HDBSCAN is the best clustering algorithm and you should always use it.

Basically all you need to do is provide a reasonable min_cluster_size, a valid distance metric and you're good to go.

For min_cluster_size I suggest using 3 since a cluster of 2 is lame and for metric the default euclidean works great so you don't even need to mention it.
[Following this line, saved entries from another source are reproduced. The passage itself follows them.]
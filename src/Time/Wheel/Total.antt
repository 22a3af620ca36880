-- ===== src/Time/Wheel/Total.antt =====
-- When every new timer waits for a later tick, the loop of a tick ends.
pub mod Round
pub mod Loop
use libev_test.Base.{
  erase, occurs, ℕ, suc, ◌+◌, ◌%◌, ◌<◌, ◌≤◌, ◌≡◌, ◌≢◌, ◌⊎◌, inl, inr, refl, sym, ◌∙◌, arith, Bool,
  true, false, not, List, [], ◌∷◌, ◌++◌, Option, none, some, ltb, ◌==◌, if◌then◌else◌, ==_iff,
  Bool-cases, Option-cases, length, length-append, lt→ltb,
}
use libev_test.Time.Wheel.{
  TimerNode, TimerMgr, NodePool, Request, Script, put, store, find_handle_list, file, drop_timer,
  add, Callback, refile, cascade, cascades, new_node,
}
use libev_test.Time.Wheel.Place.{Windows, Near, idx_lem}
use libev_test.Time.Wheel.Valid.{IsValid, IsSmall, Allowed, Anything}
use libev_test.Time.Wheel.Run.{del, del_node, run_script}
use libev_test.Time.Wheel.Fire.{
  IsOngoing, IsRunning, IsAdded, add-IsAdded, add-IsOngoing, del-IsOngoing, run_script_inv,
  free_ne_running, idle_ne_running,
}

pub length-erase :
    (mid : ℕ) (xs : List ℕ) → 0 < occurs mid xs → suc (length (erase mid xs)) ≡ length xs
unfolding occurs
length-erase mid [] h = absurd (omega arith)
length-erase mid (x ∷ xs) h = ground (arith, length-erase mid xs)

pub length-erase_le : (mid : ℕ) (xs : List ℕ) → length (erase mid xs) ≤ length xs
length-erase_le mid [] = omega arith
length-erase_le mid (x ∷ xs) = ground (arith, length-erase_le mid xs)

-- A delay of one tick or more leads to another list than the running one.
pub later_ne_now :
    (t d : ℕ)
    → t < 0x8000000000000000
    → 0 < d
    → d < 0x100000000
    → find_handle_list t ((t + d) % 0x10000000000000000) ≢ t % 256
unfolding find_handle_list
later_ne_now t d small pos far =
    let same : (t + d) % 0x10000000000000000 ≡ t + d = omega arith in
    rw (same, idx_lem t (t + d) (omega arith) (omega arith) small) (ground arith)

-- The timer comes back later, if at all.
abbrev pub IsBrisk : Option TimerNode → Type 0
IsBrisk none = Unit
IsBrisk (some node) =
    (node.is_running ≡ false)
    × ((0 < node.interval) ⊎ ((node.is_forever ≡ false) × (node.repeats ≡ 1)))

-- The same while it runs.
abbrev pub IsBriskRun : Option TimerNode → Type 0
IsBriskRun none = Unit
IsBriskRun (some node) = (0 < node.interval) ⊎ ((node.is_forever ≡ false) × (node.repeats ≡ 0))

-- A request for a later tick that repeats, if at all, with a delay.
abbrev pub IsLater : Request → Type 0
IsLater r = IsSmall r × (0 < r.first) × ((0 < r.interval) ⊎ (r.num ≡ 1))

-- Inside a callback, with the length of the running list bounded.
pub record IsBusy (k : Windows) (t mid size : ℕ) (calls : List Callback) (w : TimerMgr)
    : Type 0 where
  pub ongoing : IsOngoing k t mid (t % 256) calls w
  pub others : (m : ℕ) → m ≢ mid → IsBrisk (w.nodes m)
  pub self : IsBriskRun (w.nodes mid)
  pub bounded : length (w.vec (t % 256)) ≤ size

IsBrisk-store :
    (nodes : ℕ → Option TimerNode) (m : ℕ) (o : Option TimerNode) (other : ℕ)
    → IsBrisk o
    → IsBrisk (nodes other)
    → IsBrisk (store nodes m o other)
IsBrisk-store nodes m o other new old = elim (Bool-cases (m == other)) [
  | inl e ↦ rw e new
  | inr e ↦ rw e old
]

store_ne :
    (nodes : ℕ → Option TimerNode) (m other : ℕ) (o : Option TimerNode)
    → m ≢ other
    → store nodes m o other ≡ nodes other
store_ne nodes m other o ne = ground arith

-- Between its callbacks no other timer is running.
running_is_mid :
    (mid m : ℕ) (w : TimerMgr) (node : TimerNode)
    → ((other : ℕ) → other ≢ mid → IsBrisk (w.nodes other))
    → w.nodes m ≡ some node
    → node.is_running ≡ true
    → m ≡ mid
running_is_mid mid m w node others here r = elim (Bool-cases (m == mid)) [
  | inl e ↦ (==_iff m mid).0 e
  | inr e ↦
      let brisk : IsBrisk (some node) =
        rw here at (others m (λ same. cc (e, (==_iff m mid).1 same))) in
      absurd (let h : true ≡ false = sym r ∙ brisk.0 in cc)
]

module _ (pool : NodePool) (k : Windows) (t mid size : ℕ) (calls : List Callback) (near : Near t k)
    (small : t < 0x8000000000000000) where
  pub add-IsBusy :
      (r : Request) (to_head : Bool) (w : TimerMgr)
      → IsLater r
      → IsBusy k t mid size calls w
      → IsBusy k t mid size calls (add pool r to_head w).1
  unfolding file
  add-IsBusy r to_head w ok b =
      let going =
        add-IsOngoing pool k t mid (t % 256) calls near small r to_head w ok.0 b.ongoing in
      elim (add-IsAdded pool r to_head w) [
        | inl same ↦ rw same b
        | inr (m, free, pos, made) ↦
            let ne = free_ne_running w.nodes mid (t % 256) m free b.ongoing.running in
            let brisk : IsBrisk (some (new_node w.cur_tick r)) =
              (refl, elim ok.2 [ inl h ↦ inl h | inr h ↦ inr (rw h refl, h) ]) in
            rw made (record {
              ongoing = rw made at going;
              others =
                  λ other out. IsBrisk-store w.nodes m (some _) other brisk (b.others other out);
              self = rw (store_ne w.nodes m mid (some _) ne) b.self;
              bounded =
                  rw b.ongoing.clock
                    (ground (arith, b.bounded, later_ne_now t r.first small ok.1 ok.0.0));
            })
      ]

  pub del-IsBusy :
      (m : ℕ) (w : TimerMgr) → IsBusy k t mid size calls w → IsBusy k t mid size calls (del m w).1
  unfolding del del_node drop_timer
  del-IsBusy m w b =
      let going = del-IsOngoing pool k t mid (t % 256) calls near small m w b.ongoing in
      elim (Bool-cases (m == 0)) [
        | inl e ↦ rw e b
        | inr e ↦ elim (Option-cases (w.nodes m)) [
          | inl none_here ↦ rw (e, none_here) b
          | inr (node, here) ↦ elim (Bool-cases node.is_running) [
            | inl r ↦
                let same = running_is_mid mid m w node b.others here r in
                rw (e, here, r)
                  (record {
                    ongoing = rw (e, here, r) at going;
                    others = λ other out.
                        rw (store_ne w.nodes m other (some _) (λ h. out (sym h ∙ same)))
                          (b.others other out);
                    self = rw (same, (==_iff mid mid).1 refl) (inr (refl, refl));
                    bounded = b.bounded;
                  })
            | inr r ↦
                let ne = idle_ne_running mid (t % 256) w.nodes m node here r b.ongoing.running in
                rw (e, here, r)
                  (record {
                    ongoing = rw (e, here, r) at going;
                    others =
                        λ other out. IsBrisk-store w.nodes m none other tt (b.others other out);
                    self = rw (store_ne w.nodes m mid none ne) b.self;
                    bounded = ground (arith, b.bounded, length-erase_le m (w.vec node.lst_offset));
                  })
          ]
        ]
      ]

  pub run_script-IsBusy :
      (script : Script) (w : TimerMgr)
      → Allowed IsLater Anything script
      → IsBusy k t mid size calls w
      → IsBusy k t mid size calls (run_script pool script w)
  run_script-IsBusy script w ok b =
      run_script_inv pool (IsBusy k t mid size calls) IsLater Anything add-IsBusy
        (λ m w' _ b'. del-IsBusy m w' b') script w ok b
Don't forget that distance metrics apply to vectors and here we have scalars so some ugly reshaping is in order.

To put it all together and assuming by "cluster with the highest scores" you mean the cluster that includes the max value we get:

from hdbscan import HDBSCAN
import numpy as np

y = [1,2,4,7,9,5,4,7,9,56,57,54,60,200,297,275,243]
y = np.reshape(y, (-1, 1))

clusterer = HDBSCAN(min_cluster_size=3)
cluster_labels = clusterer.fit_predict(y)

best_cluster = clusterer.exemplars_[cluster_labels[y.argmax()]].ravel()
print(best_cluster)

The output is [297 200 275 243]. Original order is not preserved. C'est la vie.